Pick every line out of the entries below that holds the string "statistics", and report them.

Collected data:
╭──

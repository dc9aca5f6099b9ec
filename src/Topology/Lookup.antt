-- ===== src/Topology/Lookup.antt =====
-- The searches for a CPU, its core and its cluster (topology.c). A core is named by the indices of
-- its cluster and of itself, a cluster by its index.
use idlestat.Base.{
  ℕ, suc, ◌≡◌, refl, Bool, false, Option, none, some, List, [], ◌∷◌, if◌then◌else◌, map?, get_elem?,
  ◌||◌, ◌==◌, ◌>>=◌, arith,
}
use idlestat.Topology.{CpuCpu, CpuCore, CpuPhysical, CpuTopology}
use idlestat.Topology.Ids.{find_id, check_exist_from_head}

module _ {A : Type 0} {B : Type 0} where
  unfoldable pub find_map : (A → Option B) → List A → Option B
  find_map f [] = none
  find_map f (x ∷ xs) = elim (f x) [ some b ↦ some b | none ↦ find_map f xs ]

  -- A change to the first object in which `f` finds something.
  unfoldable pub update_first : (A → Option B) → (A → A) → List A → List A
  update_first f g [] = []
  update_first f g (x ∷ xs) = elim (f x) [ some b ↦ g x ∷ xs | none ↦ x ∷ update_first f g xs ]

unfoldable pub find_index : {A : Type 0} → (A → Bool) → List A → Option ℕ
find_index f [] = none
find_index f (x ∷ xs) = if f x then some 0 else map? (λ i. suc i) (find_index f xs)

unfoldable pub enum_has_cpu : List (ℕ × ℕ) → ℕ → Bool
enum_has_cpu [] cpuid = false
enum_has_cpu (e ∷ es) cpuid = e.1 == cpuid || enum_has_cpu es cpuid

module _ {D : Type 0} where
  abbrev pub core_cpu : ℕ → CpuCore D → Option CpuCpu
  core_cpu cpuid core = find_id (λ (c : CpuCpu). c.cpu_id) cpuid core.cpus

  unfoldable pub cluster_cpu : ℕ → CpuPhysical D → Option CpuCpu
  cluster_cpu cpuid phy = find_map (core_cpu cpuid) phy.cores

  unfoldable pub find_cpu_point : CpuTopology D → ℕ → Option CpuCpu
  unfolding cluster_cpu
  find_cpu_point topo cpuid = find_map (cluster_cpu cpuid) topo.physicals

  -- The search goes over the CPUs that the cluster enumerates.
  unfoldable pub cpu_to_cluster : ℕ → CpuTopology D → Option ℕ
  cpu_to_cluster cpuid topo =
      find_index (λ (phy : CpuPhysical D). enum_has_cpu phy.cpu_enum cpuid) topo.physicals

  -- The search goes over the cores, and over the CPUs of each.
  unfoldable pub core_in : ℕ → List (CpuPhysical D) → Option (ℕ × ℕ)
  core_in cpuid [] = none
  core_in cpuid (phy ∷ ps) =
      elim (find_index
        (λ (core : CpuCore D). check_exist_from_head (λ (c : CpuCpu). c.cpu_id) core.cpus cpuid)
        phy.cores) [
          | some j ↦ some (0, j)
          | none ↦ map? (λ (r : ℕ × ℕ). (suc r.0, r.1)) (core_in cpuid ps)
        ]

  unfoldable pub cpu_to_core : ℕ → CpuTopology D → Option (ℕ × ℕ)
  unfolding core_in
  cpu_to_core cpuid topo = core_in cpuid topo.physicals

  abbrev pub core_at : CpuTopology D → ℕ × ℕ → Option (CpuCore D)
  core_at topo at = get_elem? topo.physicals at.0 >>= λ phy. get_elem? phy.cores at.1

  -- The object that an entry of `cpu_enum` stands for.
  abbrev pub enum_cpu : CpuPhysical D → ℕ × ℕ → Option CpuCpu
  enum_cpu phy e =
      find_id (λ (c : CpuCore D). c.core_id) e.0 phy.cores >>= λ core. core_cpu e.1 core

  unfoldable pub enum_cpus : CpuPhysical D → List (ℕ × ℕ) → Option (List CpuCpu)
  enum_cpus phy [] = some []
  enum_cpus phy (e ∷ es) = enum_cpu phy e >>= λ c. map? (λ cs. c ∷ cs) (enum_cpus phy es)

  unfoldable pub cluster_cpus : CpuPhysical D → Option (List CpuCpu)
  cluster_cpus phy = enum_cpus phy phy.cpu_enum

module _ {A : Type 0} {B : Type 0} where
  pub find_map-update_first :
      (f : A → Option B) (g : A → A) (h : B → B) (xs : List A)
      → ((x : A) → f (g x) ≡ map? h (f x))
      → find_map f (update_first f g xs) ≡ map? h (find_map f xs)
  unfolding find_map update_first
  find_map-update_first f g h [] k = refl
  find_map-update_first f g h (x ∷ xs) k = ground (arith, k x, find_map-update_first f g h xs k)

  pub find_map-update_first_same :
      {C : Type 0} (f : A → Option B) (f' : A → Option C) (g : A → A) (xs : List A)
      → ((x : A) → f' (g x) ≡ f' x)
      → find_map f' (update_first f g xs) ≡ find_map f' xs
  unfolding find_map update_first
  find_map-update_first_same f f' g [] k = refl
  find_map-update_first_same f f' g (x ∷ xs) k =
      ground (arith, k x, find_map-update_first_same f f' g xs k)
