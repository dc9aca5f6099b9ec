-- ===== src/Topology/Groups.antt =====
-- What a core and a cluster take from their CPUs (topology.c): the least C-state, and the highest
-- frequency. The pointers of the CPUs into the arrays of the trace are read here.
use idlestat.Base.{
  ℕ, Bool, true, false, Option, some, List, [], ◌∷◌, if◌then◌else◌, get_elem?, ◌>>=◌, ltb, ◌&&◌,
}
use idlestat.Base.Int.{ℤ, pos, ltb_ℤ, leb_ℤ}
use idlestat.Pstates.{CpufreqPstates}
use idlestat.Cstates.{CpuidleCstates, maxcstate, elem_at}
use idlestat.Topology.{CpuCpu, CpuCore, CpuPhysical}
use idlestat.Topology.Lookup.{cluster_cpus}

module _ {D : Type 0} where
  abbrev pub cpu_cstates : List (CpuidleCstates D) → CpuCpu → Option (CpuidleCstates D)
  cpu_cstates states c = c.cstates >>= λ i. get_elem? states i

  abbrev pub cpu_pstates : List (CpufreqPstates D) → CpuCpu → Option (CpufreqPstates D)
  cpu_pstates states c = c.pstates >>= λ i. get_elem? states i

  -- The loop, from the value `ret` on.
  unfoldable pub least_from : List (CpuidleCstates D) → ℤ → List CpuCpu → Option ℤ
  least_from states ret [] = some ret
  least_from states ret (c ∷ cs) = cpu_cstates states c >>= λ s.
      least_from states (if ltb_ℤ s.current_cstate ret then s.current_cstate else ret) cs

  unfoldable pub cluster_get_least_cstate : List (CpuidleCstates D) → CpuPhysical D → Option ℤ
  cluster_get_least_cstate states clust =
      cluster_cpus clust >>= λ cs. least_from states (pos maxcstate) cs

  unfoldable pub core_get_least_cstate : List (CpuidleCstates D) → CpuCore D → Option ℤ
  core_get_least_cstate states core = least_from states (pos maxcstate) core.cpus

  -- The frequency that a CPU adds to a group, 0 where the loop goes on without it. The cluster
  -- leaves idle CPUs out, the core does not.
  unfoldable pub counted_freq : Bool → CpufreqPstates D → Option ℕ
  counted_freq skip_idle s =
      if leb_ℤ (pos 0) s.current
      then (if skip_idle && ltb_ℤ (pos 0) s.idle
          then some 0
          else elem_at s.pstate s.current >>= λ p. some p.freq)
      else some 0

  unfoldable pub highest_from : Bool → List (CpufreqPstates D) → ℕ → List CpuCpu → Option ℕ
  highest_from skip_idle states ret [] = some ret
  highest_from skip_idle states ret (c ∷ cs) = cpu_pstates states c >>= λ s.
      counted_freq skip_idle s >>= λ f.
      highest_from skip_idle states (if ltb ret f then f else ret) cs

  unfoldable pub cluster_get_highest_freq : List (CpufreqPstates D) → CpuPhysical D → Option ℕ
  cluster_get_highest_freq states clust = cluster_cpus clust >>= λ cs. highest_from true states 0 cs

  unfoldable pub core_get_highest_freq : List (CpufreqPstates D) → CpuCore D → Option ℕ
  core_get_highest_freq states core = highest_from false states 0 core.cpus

╰──
╭──

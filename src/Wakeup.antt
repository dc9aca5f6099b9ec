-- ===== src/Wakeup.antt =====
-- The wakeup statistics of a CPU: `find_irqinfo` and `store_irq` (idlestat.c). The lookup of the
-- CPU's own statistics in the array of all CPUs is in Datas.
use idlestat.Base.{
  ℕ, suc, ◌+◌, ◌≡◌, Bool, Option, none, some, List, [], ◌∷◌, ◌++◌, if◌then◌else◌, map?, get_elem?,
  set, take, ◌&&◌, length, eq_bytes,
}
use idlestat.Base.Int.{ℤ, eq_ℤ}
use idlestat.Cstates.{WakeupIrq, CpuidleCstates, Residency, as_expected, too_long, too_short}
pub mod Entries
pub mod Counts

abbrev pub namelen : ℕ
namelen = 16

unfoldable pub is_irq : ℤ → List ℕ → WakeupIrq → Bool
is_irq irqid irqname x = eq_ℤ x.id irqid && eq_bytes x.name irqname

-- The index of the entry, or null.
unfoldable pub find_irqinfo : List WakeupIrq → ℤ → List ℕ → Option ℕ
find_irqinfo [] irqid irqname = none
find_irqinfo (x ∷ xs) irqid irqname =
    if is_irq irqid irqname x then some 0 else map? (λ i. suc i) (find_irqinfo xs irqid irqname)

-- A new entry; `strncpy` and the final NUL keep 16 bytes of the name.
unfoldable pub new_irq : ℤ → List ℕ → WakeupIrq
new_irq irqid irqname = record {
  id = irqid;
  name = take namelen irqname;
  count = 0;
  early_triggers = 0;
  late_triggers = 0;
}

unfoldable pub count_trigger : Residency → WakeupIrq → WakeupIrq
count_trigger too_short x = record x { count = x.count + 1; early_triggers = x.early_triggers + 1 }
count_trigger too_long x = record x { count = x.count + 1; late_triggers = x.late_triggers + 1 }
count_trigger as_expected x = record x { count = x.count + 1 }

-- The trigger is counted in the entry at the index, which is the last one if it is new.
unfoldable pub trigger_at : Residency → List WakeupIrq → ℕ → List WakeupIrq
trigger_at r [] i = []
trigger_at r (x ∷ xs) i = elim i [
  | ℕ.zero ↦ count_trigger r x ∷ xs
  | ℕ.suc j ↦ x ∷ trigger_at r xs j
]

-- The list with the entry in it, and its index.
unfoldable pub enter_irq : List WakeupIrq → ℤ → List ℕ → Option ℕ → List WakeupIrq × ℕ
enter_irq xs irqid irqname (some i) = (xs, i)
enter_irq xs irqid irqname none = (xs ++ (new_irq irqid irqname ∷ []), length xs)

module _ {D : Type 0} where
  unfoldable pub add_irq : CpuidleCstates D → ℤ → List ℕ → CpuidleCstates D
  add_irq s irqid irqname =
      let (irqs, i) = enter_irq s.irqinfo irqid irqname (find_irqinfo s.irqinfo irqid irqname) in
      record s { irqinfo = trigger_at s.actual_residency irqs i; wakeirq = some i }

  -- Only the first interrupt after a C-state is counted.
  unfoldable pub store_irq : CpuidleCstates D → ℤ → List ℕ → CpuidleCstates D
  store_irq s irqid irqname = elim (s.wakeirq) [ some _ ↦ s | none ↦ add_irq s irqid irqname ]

╰──

## ANSWER AREA
-- The wakeup statistics of a CPU: `find_irqinfo` and `store_irq` (idlestat.c). The lookup of the
-- CPU's own statistics in the array of all CPUs is in Datas.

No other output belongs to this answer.